Correlation of Anti-SARS-CoV-2 S1-specific IgG antibody levels and adverse events following vaccination with BNT162b2 mRNA COVID-19 vaccine in healthcare workers

Marina Izak 1,, Evgeniy Stoyanov 1, Keren Dezuraev 1, Eilat Shinar 1
PMCID: PMC8639394  PMID: 34903375

Abstract

Currently approved anti-COVID-19 vaccines have been found to be safe and effective and almost 60% of Israeli residents are already vaccinated with BNT162b2 vaccine.

This observational study was designed to evaluate the adverse events of vaccine reported by 61 healthcare workers at least 7 days after the 2nd vaccination, and to investigate the correlation of adverse events and anti-SARS-CoV-2 IgG antibody levels.

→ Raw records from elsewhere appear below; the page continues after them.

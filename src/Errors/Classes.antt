-- ===== src/Errors/Classes.antt =====
-- errors.go: the classes of an error, and the length of its message.
use rho_llm.Base.{
  ℕ, ◌+◌, ◌≤◌, Text, ◌≡◌, refl, Bool, false, ◌||◌, ◌∙◌, some, ◌==◌, arith, ℤ, pos, length, take,
  length-append, text, if◌then◌else◌, ltb_ℤ, pos_part, length-take,
}
use rho_llm.Errors.{
  ApiError, GoError, Sentinel, plain, sentinel, api, cooldown_error, cert_error, dns_error,
  op_error, url_error, wrapped, suffixed, as_api, is_sentinel, as_cert,
}
use rho_llm.Errors.Status.{
  is_rate_limited, is_overloaded, is_auth_error, is_retryable, new_api_error_from_status_with_limit,
  truncate_error_body, default_max_error_message_len,
}

-- A chain that ends in an APIError matches no sentinel and no certificate error.
sentinel_api :
    (t : Sentinel) (e : GoError) {a : ApiError} → as_api e ≡ some a → is_sentinel t e ≡ false
unfolding as_api is_sentinel
sentinel_api t (plain x) h = refl
sentinel_api t (sentinel s) h = cc
sentinel_api t (api a) h = refl
sentinel_api t (cooldown_error w) h = cc
sentinel_api t (cert_error x) h = refl
sentinel_api t (dns_error x) h = refl
sentinel_api t (op_error o p e) h = sentinel_api t e h
sentinel_api t (url_error x e) h = sentinel_api t e h
sentinel_api t (wrapped x e) h = sentinel_api t e h
sentinel_api t (suffixed e x) h = sentinel_api t e h

cert_api : (e : GoError) {a : ApiError} → as_api e ≡ some a → as_cert e ≡ false
unfolding as_api as_cert
cert_api (plain x) h = refl
cert_api (sentinel s) h = refl
cert_api (api a) h = refl
cert_api (cooldown_error w) h = refl
cert_api (cert_error x) h = cc
cert_api (dns_error x) h = refl
cert_api (op_error o p e) h = cert_api e h
cert_api (url_error x e) h = cert_api e h
cert_api (wrapped x e) h = cert_api e h
cert_api (suffixed e x) h = cert_api e h

-- However it is wrapped, an APIError is retried exactly when its flag says so.
pub is_retryable-as_api :
    (e : GoError) {a : ApiError} → as_api e ≡ some a → is_retryable e ≡ a.retryable
unfolding is_retryable
is_retryable-as_api e {a} h = simp (sentinel_api _ e h, cert_api e h, h)

abbrev pub transient : ℕ → Bool
transient s = s == 429 || s == 503 || s == 529 || s == 500 || s == 502 || s == 504 || s == 408

made :
    (provider : Text) (status : ℕ) (body : Text) (limit : ℤ)
    → let a = new_api_error_from_status_with_limit provider status body limit in
      (a.status_code ≡ status) × (a.retryable ≡ transient status)
unfolding new_api_error_from_status_with_limit
made provider status body limit = ground arith

-- An error made from an HTTP status, under any wrapping, is a rate limit, an overload or an
-- authentication error by its status alone, and is retried for 408, 429, 500, 502, 503, 504 and 529
-- only.
pub status_classes :
    (e : GoError) (provider : Text) (status : ℕ) (body : Text) (limit : ℤ)
    → as_api e ≡ some (new_api_error_from_status_with_limit provider status body limit)
    → (is_rate_limited e ≡ (status == 429))
      × (is_overloaded e ≡ (status == 503 || status == 529))
      × (is_auth_error e ≡ (status == 401 || status == 403))
      × (is_retryable e ≡ transient status)
unfolding is_rate_limited is_overloaded is_auth_error
status_classes e provider status body limit h =
    let m = made provider status body limit in
    (ground (arith, m), ground (arith, m), ground (arith, m), is_retryable-as_api e h ∙ m.1)

-- The stored message is at most the limit and the truncation marker long, and a message within the
-- limit is kept whole.
pub truncate_bounds :
    (s : Text) (limit : ℤ)
    → let cap = (if ltb_ℤ (pos 0) limit then pos_part limit else default_max_error_message_len) in
      (length (truncate_error_body s limit) ≤ cap + 15)
      × (length s ≤ cap → truncate_error_body s limit ≡ s)
unfolding truncate_error_body
truncate_bounds s limit =
    let cap = (if ltb_ℤ (pos 0) limit then pos_part limit else default_max_error_message_len) in
    ground (arith, length-append (take cap s) (text "... [truncated]"), length-take cap s)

The median participant's age was 51.25 years, 16 men and 45 women; 77% (44% of male and 84.5% of female participants) reported adverse events. Injection site pain, fatigue and fever were the most common symptoms, and significantly higher antibody levels (average 19,387 AU/mL) were found in participants who had fever compared to those who did not experience fever (average antibody levels of 9,977 AU/mL, p < 0.001). This finding corresponds to previous observations of higher anti-SARS-CoV-2 IgG antibody levels in COVID-19 patients presented with fever.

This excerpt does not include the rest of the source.